• [DATA TO PROCESS]

-- ===== src/Bitmap/Laws.antt =====
-- The bitmap of libratbag-util.h against the set of numbers that it stands for.
use libratbag.Base.{
  ℕ, zero, suc, ◌-◌, ◌*◌, ◌/◌, ◌%◌, ◌^◌, ◌≤◌, ◌<◌, bit_and, bit_or, ◌≡◌, refl, ap, arith, Bool,
  true, false, not, ◌&&◌, ◌||◌, List, length, get_or, set, ◌==◌, if◌then◌else◌, get_or-set_self,
  get_or-set_ne, length-set, replicate,
}
use native.Mathlib.Nat.{pow-le-pow_right}
use libratbag.Bits.{
  bit_at, bit_at-lt, bit_and-pow_eq_zero, bit_at-bit_or, bit_at-bit_and, bit_at-pow,
  bit_at-complement, bit_at-zero,
}
use libratbag.Bitmap.{long_bits, long_bit_is_set, long_set_bit, long_clear_bit, long_set_bit_state}

abbrev word_bit : ℕ → ℕ → Bool
word_bit w k = not (bit_at w k == 0)

long_bit_is_set-word :
    (a : List ℕ) (c : ℕ) → long_bit_is_set a c ≡ word_bit (get_or a (c / 64) 0) (c % 64)
unfolding long_bit_is_set
long_bit_is_set-word a c = ap not (bit_and-pow_eq_zero (get_or a (c / 64) 0) (c % 64))

word_bit-or : (w k j : ℕ) → word_bit (bit_or w (2 ^ k)) j ≡ (k == j) || word_bit w j
word_bit-or w k j = ground (arith, bit_at-bit_or j w (2 ^ k), bit_at-pow k j, bit_at-lt w j)

pow-lt : (k : ℕ) → k < 64 → 2 ^ k < 2 ^ 64
pow-lt k h = omega (arith, pow-le-pow_right {n = 2} (omega arith) {j = 63} (le_63 k h))
  where
    le_63 : (k : ℕ) → k < 64 → k ≤ 63
    le_63 k h = omega arith

word_bit-clear :
    (w k j : ℕ)
    → k < 64
    → j < 64
    → word_bit (bit_and w (2 ^ 64 - 1 - 2 ^ k)) j ≡ not (k == j) && word_bit w j
word_bit-clear w k j hk hj = ground (
  arith,
  bit_at-bit_and j w (2 ^ 64 - 1 - 2 ^ k),
  bit_at-complement 64 j (2 ^ k) hj (pow-lt k hk),
  bit_at-pow k j,
  bit_at-lt w j,
)

get_or-set :
    (a : List ℕ) (i j v : ℕ)
    → i < length a
    → get_or (set a i v) j 0 ≡ (if i == j then v else get_or a j 0)
get_or-set a i j v h = ground (arith, get_or-set_self a i v 0, get_or-set_ne a i j v 0)

-- A write of one word, seen through the test of a bit.
long_bit_is_set-set :
    (a : List ℕ) (b c v : ℕ)
    → b < long_bits * length a
    → long_bit_is_set (set a (b / 64) v) c
      ≡ (if b / 64 == c / 64 then word_bit v (c % 64) else long_bit_is_set a c)
long_bit_is_set-set a b c v h = ground (
  arith,
  long_bit_is_set-word (set a (b / 64) v) c,
  long_bit_is_set-word a c,
  get_or-set a (b / 64) (c / 64) v,
)

-- Setting a bit of the array adds that number to the set and no other.
pub long_bit_is_set-set_bit :
    (array : List ℕ) (b c : ℕ)
    → b < long_bits * length array
    → long_bit_is_set (long_set_bit array b) c ≡ (b == c) || long_bit_is_set array c
unfolding long_set_bit
long_bit_is_set-set_bit array b c h = ground (
  arith,
  long_bit_is_set-set array b c (bit_or (get_or array (b / 64) 0) (2 ^ (b % 64))) h,
  long_bit_is_set-word array c,
  word_bit-or (get_or array (b / 64) 0) (b % 64) (c % 64),
)

-- Clearing a bit of the array removes that number from the set and no other.
pub long_bit_is_set-clear_bit :
    (array : List ℕ) (b c : ℕ)
    → b < long_bits * length array
    → long_bit_is_set (long_clear_bit array b) c ≡ not (b == c) && long_bit_is_set array c
unfolding long_clear_bit
long_bit_is_set-clear_bit array b c h = ground (
  arith,
  long_bit_is_set-set array b c
      (bit_and (get_or array (b / 64) 0) (2 ^ long_bits - 1 - 2 ^ (b % 64))) h,
  long_bit_is_set-word array c,
  word_bit-clear (get_or array (b / 64) 0) (b % 64) (c % 64),
)

-- `long_set_bit_state` puts the number into the set or takes it out, as its `state` says, and
-- leaves every other number as it was.
pub long_bit_is_set-set_bit_state :
    (array : List ℕ) (b : ℕ) (state : Bool) (c : ℕ)
    → b < long_bits * length array
    → long_bit_is_set (long_set_bit_state array b state) c
      ≡ (if b == c then state else long_bit_is_set array c)
unfolding long_set_bit_state
long_bit_is_set-set_bit_state array b true c h = ground (arith, long_bit_is_set-set_bit array b c)
long_bit_is_set-set_bit_state array b false c h =
    ground (arith, long_bit_is_set-clear_bit array b c)

pub length-long_set_bit : (array : List ℕ) (b : ℕ) → length (long_set_bit array b) ≡ length array
unfolding long_set_bit
length-long_set_bit array b = length-set array _ _

pub length-long_clear_bit :
    (array : List ℕ) (b : ℕ) → length (long_clear_bit array b) ≡ length array
unfolding long_clear_bit
length-long_clear_bit array b = length-set array _ _

get_or-replicate : (n i : ℕ) → get_or (replicate {A = ℕ} n 0) i 0 ≡ 0
get_or-replicate zero i = refl
get_or-replicate (suc n) zero = refl
get_or-replicate (suc n) (suc i) = get_or-replicate n i

-- An array of zeros is the empty set.
pub long_bit_is_set-zeros : (n c : ℕ) → long_bit_is_set (replicate n 0) c ≡ false
long_bit_is_set-zeros n c = ground (
  arith,
  long_bit_is_set-word (replicate n 0) c,
  get_or-replicate n (c / 64),
  bit_at-zero (c % 64),
)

• [EXERCISE AIM]
From the first line of the data above through the line containing "word_bit w k = not (bit_at w k == 0)", repeat each line exactly, and add nothing.

• [THE COMPLETED TASK]
-- ===== src/Bitmap/Laws.antt =====
-- The bitmap of libratbag-util.h against the set of numbers that it stands for.
use libratbag.Base.{
  ℕ, zero, suc, ◌-◌, ◌*◌, ◌/◌, ◌%◌, ◌^◌, ◌≤◌, ◌<◌, bit_and, bit_or, ◌≡◌, refl, ap, arith, Bool,
  true, false, not, ◌&&◌, ◌||◌, List, length, get_or, set, ◌==◌, if◌then◌else◌, get_or-set_self,
  get_or-set_ne, length-set, replicate,
}
use native.Mathlib.Nat.{pow-le-pow_right}
use libratbag.Bits.{
  bit_at, bit_at-lt, bit_and-pow_eq_zero, bit_at-bit_or, bit_at-bit_and, bit_at-pow,
  bit_at-complement, bit_at-zero,
}
use libratbag.Bitmap.{long_bits, long_bit_is_set, long_set_bit, long_clear_bit, long_set_bit_state}

abbrev word_bit : ℕ → ℕ → Bool
word_bit w k = not (bit_at w k == 0)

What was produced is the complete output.